6. Has plaintiff established a cause of action for civil perjury?
Finally, plaintiff alleges that Colonial Penn committed perjury through its agents when it filed instruments with the Texas Department of Insurance certifying compliance with all applicable statutes and regulations, when in fact Colonial Penn, according to plaintiff, was in violation of 28 TEX. ADMIN. CODE § 3.4020 and TEX. INS. CODE ANN. arts. 3.70-3(7), 21.21A 3.70-4. Plaintiff also appears to allege, although, not clear from the record, that Colonial Penn's agents violated these authorities by failing to renew their license to sell health insurance in Texas. Based on the summary judgment record before me, however, I find that Colonial Penn (or its agents) has not violated any of the statutory and regulatory authorities relied upon by plaintiff.
In addition, Texas courts have consistently held that there is no separate cause of action for civil perjury. See Kale v. Palmer , 791 S.W.2d 628, 631 (Tex.App.-Beaumont 1990) (citing Horlock v. Horlock , 614 S.W.2d 478 (Tex.App.-Houston [14th Dist.] 1981, writ ref'd n.r.e.), where the court affirmed the trial court's refusal to submit plaintiffs requested special issues for fraud based on misrepresentation by defendant in former divorce trial). See also Chandler v. Gillis , 589 S.W.2d 552, 554 (Tex.App.-El Paso 1979, writ ref'd n.r.e.) (affirming summary judgment against plaintiff who alleged a "civil wrong" based upon former perjured testimony); Morris v. Taylor , 353 S.W.2d 956, 958 (Tex.App.-Austin 1962, writ ref'd n.r.e.) (affirming summary judgment against plaintiff alleging malicious prosecution based upon perjured testimony in former suit), cert. denied , 371 U.S. 842 (1962).
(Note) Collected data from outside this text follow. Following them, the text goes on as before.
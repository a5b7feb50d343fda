-- ===== src/Points/InviteScenarios.antt =====
-- Runs of `creditInvitePoints` of go/affiliate_commands.go on concrete tables.
use erdai_agent.Prelude.{ℕ, none, some, ◌≡◌, refl, arith, [], ◌∷◌, pos, negsuc, ◌+ℤ◌, neg}
use erdai_agent.Text.{trim_space, has_prefix, fold_case}
use erdai_agent.Points.Store.{OwnerRow, Db, account_of, find_account, insert_entry, entry_clash}
use erdai_agent.Points.Accounts.{scope, ensure_identity, add_account, add_identity}
use erdai_agent.Points.Decimal.{decimal, cast_integer, leading_number, signed_number}
use erdai_agent.Points.Invite.{
  normalize_affiliate_code, points_per_invitee, same_code, is_bound, owner_exists, owner_verified,
  mark_from, awarded_count, scale, insert_award, credit_count, credit_invite_points,
}
use erdai_agent.Points.Mark.{Awarded, credit_invite_points-Awarded}
use erdai_agent.Points.Paid.{credit_invite_points-once}
use erdai_agent.Points.Scenarios.{env, ana, bea, two_accounts}

abbrev owned : OwnerRow
owned = record { affiliate_code = "ABCD"; identity = ana }

abbrev invited : Db
invited = record two_accounts { owners = owned ∷ [] }

abbrev credited : Db
credited =
    (credit_invite_points (λ i. "new") (λ t. t) (env 5) invited (owned ∷ []) ana " ABCD" (pos 3)
      (pos 0)).0

cast_test : cast_integer " -12x" ≡ negsuc 11
unfolding cast_integer signed_number leading_number neg
cast_test = refl

same_code_test : normalize_affiliate_code (λ t. t) " ABCD" ≡ some "ABCD"
unfolding normalize_affiliate_code trim_space
same_code_test = refl

credited_eq :
    credit_invite_points
      (λ i. "new")
      (λ t. t)
      (env 5)
      invited
      (owned ∷ [])
      ana
      " ABCD"
      (pos 3)
      (pos 0)
    ≡ (credited, none)
unfolding credit_invite_points normalize_affiliate_code trim_space scope ensure_identity account_of
    find_account add_account add_identity owner_verified is_bound same_code fold_case credit_count
    points_per_invitee insert_award awarded_count mark_from has_prefix owner_exists insert_entry
    entry_clash ◌+ℤ◌ neg scale decimal
credited_eq = refl

credit_invite_points-Awarded_example :
    (n : ℕ) × (pos 3 ≡ pos n) × Awarded "ABCD" n (points_per_invitee (pos 0)) invited credited
credit_invite_points-Awarded_example =
    credit_invite_points-Awarded (λ i. "new") (λ t. t) (env 5) invited (owned ∷ []) ana " ABCD"
      "ABCD" (pos 3) (pos 0) same_code_test credited_eq

credit_invite_points-once_example :
    (credit_invite_points
      (λ i. "new")
      (λ t. t)
      (env 9)
      credited
      (owned ∷ [])
      bea
      " ABCD"
      (pos 2)
      (pos 500)).0.entries
    ≡ credited.entries
credit_invite_points-once_example =
    credit_invite_points-once (λ i. "new") (λ t. t) (env 5) (env 9) invited (owned ∷ [])
      (owned ∷ []) ana bea " ABCD" " ABCD" "ABCD" (pos 3) (pos 2) (pos 0) (pos 500) same_code_test
      same_code_test credited_eq (omega arith)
Moreover, the only Texas statute I have found dealing with perjury is TEX. PEN. CODE ANN. § 37.01 (Vernon 1994 Supp. 2001). In that statute, perjury is described as a criminal misdemeanor. That penal statute cannot support plaintiffs purported claim for civil perjury.
VII. Conclusion
It is therefore ORDERED that defendant's motion for final summary judgment (Docket Entry 54) is GRANTED with respect to plaintiffs pleaded causes of action for breach of contract, common law and statutory duty of good faith and fair dealing, misrepresentation and/or fraud, federal mail fraud and civil perjury. Plaintiff has failed to allege facts sufficient to entitle him to the relief requested such that there is no genuine issue of material fact under the applicable legal standards. To the extent that defendant has requested that monetary sanctions be assessed against plaintiff, such request is DENIED (Docket Entry 54, at 15). It is also ORDERED that plaintiffs amended cross motion for summary judgment (Docket Entry 55) is DENIED in all respects and this matter is DISMISSED WITH PREJUDICE . Any other pending motions not addressed in this Order are DENIED AS MOOT . The parties shall bear their own costs.